● **Requirement**: Give the count of lines in the records that contain the string "where", and write nothing but that number.

== == ==

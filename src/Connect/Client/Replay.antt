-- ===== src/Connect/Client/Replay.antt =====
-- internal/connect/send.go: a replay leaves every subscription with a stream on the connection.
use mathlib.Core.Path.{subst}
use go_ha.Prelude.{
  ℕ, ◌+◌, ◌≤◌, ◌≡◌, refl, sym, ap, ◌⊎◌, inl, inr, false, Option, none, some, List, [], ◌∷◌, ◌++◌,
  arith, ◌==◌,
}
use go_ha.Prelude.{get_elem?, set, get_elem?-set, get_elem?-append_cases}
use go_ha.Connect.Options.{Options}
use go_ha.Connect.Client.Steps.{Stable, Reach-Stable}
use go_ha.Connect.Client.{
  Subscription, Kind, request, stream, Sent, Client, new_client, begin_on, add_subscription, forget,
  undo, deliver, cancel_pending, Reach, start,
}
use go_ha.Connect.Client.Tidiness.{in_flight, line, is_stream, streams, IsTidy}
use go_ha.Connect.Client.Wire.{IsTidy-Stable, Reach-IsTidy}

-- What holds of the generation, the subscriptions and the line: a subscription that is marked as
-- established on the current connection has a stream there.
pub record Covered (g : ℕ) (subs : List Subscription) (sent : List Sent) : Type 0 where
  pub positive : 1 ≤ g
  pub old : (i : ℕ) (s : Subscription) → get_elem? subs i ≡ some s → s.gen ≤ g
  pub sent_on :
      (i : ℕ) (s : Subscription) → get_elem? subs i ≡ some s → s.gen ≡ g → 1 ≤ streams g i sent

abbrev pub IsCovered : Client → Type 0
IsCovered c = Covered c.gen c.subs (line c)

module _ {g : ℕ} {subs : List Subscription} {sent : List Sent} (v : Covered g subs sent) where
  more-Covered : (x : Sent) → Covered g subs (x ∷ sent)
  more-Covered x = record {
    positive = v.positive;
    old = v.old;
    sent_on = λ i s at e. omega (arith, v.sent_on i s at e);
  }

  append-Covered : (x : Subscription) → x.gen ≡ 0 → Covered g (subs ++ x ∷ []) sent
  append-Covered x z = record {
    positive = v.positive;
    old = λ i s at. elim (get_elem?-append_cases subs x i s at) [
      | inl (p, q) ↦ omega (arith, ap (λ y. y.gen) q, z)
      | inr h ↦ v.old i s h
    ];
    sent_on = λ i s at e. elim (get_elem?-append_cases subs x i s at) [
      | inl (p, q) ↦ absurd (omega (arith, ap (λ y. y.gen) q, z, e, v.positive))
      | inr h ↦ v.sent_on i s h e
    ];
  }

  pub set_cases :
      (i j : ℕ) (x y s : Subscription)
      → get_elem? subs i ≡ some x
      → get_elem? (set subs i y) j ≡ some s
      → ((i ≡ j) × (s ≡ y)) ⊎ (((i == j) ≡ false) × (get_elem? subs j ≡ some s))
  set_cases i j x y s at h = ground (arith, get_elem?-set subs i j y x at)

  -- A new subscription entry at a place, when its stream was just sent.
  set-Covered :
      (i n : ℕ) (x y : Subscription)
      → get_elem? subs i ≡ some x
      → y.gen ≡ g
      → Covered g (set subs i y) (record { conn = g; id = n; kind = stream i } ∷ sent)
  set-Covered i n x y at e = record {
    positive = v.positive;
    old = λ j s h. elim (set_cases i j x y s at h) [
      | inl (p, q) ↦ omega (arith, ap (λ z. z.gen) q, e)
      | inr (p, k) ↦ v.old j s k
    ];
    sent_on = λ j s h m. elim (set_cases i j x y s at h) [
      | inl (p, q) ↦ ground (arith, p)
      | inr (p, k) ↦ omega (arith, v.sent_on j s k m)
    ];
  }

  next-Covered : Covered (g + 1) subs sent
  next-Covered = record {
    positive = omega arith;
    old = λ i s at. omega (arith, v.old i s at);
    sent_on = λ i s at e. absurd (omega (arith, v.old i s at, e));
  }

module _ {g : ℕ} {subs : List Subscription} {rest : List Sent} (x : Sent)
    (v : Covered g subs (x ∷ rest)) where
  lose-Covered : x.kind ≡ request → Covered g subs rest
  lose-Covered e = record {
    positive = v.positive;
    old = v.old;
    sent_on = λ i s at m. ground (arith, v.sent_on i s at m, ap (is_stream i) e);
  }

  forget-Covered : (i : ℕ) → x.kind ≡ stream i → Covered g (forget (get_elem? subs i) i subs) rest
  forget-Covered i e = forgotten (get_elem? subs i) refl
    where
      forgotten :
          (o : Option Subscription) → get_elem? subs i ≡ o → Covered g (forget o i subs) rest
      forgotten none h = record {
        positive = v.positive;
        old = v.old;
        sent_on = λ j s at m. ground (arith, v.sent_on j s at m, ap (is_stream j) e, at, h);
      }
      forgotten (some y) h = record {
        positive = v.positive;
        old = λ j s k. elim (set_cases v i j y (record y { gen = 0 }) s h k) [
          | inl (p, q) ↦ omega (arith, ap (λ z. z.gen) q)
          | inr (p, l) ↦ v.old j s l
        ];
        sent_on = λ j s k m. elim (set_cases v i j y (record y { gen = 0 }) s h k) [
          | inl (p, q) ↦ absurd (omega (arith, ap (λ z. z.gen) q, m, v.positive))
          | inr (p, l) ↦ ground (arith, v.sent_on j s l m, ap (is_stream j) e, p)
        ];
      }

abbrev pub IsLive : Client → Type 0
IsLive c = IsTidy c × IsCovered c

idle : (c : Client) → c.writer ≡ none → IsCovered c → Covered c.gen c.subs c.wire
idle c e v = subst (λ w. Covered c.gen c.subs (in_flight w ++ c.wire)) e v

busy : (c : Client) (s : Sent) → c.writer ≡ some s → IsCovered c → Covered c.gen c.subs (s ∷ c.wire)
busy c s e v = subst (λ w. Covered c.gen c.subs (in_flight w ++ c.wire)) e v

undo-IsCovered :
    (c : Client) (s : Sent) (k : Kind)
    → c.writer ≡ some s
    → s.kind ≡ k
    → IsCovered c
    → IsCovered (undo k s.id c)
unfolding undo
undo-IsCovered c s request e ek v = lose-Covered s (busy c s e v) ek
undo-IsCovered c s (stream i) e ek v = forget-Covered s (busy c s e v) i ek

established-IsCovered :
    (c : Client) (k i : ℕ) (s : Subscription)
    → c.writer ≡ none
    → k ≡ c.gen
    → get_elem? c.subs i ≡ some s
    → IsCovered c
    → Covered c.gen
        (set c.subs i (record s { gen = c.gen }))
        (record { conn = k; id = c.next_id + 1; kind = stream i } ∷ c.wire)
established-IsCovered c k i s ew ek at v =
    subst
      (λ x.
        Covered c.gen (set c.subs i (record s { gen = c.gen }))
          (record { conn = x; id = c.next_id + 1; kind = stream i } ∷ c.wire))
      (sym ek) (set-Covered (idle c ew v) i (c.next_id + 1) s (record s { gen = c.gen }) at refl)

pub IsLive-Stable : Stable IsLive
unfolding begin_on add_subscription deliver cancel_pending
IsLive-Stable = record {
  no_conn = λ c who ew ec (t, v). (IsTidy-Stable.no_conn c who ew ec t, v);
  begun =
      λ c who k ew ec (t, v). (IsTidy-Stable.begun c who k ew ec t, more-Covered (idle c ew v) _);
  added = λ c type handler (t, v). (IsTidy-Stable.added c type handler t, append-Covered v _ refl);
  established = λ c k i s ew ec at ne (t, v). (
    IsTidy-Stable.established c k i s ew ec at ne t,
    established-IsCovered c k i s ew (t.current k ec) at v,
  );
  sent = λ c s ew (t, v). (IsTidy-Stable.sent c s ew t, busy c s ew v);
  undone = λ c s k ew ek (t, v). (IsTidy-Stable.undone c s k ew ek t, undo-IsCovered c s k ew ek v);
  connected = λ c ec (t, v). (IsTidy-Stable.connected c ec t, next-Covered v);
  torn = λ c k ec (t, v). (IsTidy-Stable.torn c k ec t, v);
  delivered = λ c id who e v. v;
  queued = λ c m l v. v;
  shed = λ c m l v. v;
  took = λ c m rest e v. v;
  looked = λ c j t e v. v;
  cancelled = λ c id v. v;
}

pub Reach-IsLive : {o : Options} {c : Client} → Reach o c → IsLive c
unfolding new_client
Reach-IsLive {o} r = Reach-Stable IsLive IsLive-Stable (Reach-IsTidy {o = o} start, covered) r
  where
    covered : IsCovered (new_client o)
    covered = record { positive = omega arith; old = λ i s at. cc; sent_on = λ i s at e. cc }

== == ==

● **Exercise result**: 5